Training and evaluation
Please refer to Training documents (English).
speed
Speed information_ speed_ test. Py) measurement for reference.
GPU | dType | HD (1920x1080) | 4K (3840x2160) |
---|---|---|---|
RTX 3090 | FP16 | 172 FPS | 154 FPS |
RTX 2060 Super | FP16 | 134 FPS | 108 FPS |
GTX 1080 Ti | FP32 | 104 FPS | 74 FPS |
- Note 1: HD downsample is used_ Ratio = 0.25, 4K downsample_ratio=0.125. All tests used batch size 1 and frame chunk 1.

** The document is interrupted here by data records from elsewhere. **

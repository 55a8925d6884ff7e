-- ===== src/Kernel/String.antt =====
-- kernel/lib/string.c. Memory is a function from addresses to bytes; a source that the destination
-- does not overlap is a function of its own, read from offset 0.
use narc_os.Common.{ℕ, zero, suc, ◌+◌, ◌-◌, ◌%◌, ◌≡◌, Bool, ◌&&◌, arith}
use narc_os.Common.{ltb, leb, ◌==◌, if◌then◌else◌}

abbrev pub Memory : Type 0
Memory = ℕ → ℕ

abbrev pub poke : Memory → ℕ → ℕ → Memory
poke m p v a = if a == p then v else m a

-- `while (n--) *p++ = (unsigned char)c;`
pub memset : Memory → ℕ → ℕ → ℕ → Memory
memset m p c zero = m
memset m p c (suc n) = memset (poke m p (c % 256)) (p + 1) c n

-- `while (n--) *d++ = *s++;`, with `source i` the byte at `s + i`.
pub memcpy_from : Memory → ℕ → (ℕ → ℕ) → ℕ → ℕ → Memory
memcpy_from m d source i zero = m
memcpy_from m d source i (suc n) = memcpy_from (poke m d (source i)) (d + 1) source (i + 1) n

pub memcpy : Memory → ℕ → (ℕ → ℕ) → ℕ → Memory
memcpy m d source n = memcpy_from m d source 0 n

abbrev pub inside : ℕ → ℕ → ℕ → Bool
inside p n a = leb p a && ltb a (p + n)

pub memset_at :
    (m : Memory) (p c n a : ℕ) → memset m p c n a ≡ (if inside p n a then c % 256 else m a)
unfolding memset
memset_at m p c zero a = ground arith
memset_at m p c (suc n) a = ground (arith, memset_at (poke m p (c % 256)) (p + 1) c n a)

pub memcpy_from_at :
    (m : Memory) (d : ℕ) (source : ℕ → ℕ) (i n a : ℕ)
    → memcpy_from m d source i n a ≡ (if inside d n a then source (i + (a - d)) else m a)
unfolding memcpy_from
memcpy_from_at m d source i zero a = ground arith
memcpy_from_at m d source i (suc n) a =
    ground (arith, memcpy_from_at (poke m d (source i)) (d + 1) source (i + 1) n a)

pub memcpy_at :
    (m : Memory) (d : ℕ) (source : ℕ → ℕ) (n a : ℕ)
    → memcpy m d source n a ≡ (if inside d n a then source (a - d) else m a)
unfolding memcpy
memcpy_at m d source n a = ground (arith, memcpy_from_at m d source 0 n a)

- Note 2: GPU before Turing architecture does not support FP16 reasoning, so GTX 1080 Ti uses FP32.
- Note 3: we only measure tensor throughput. The provided video conversion script is much slower because it does not use hardware video encoding / decoding and does not complete tensor transmission on parallel threads. If you are interested in implementing hardware video encoding / decoding in Python, please refer to PyNvCodec.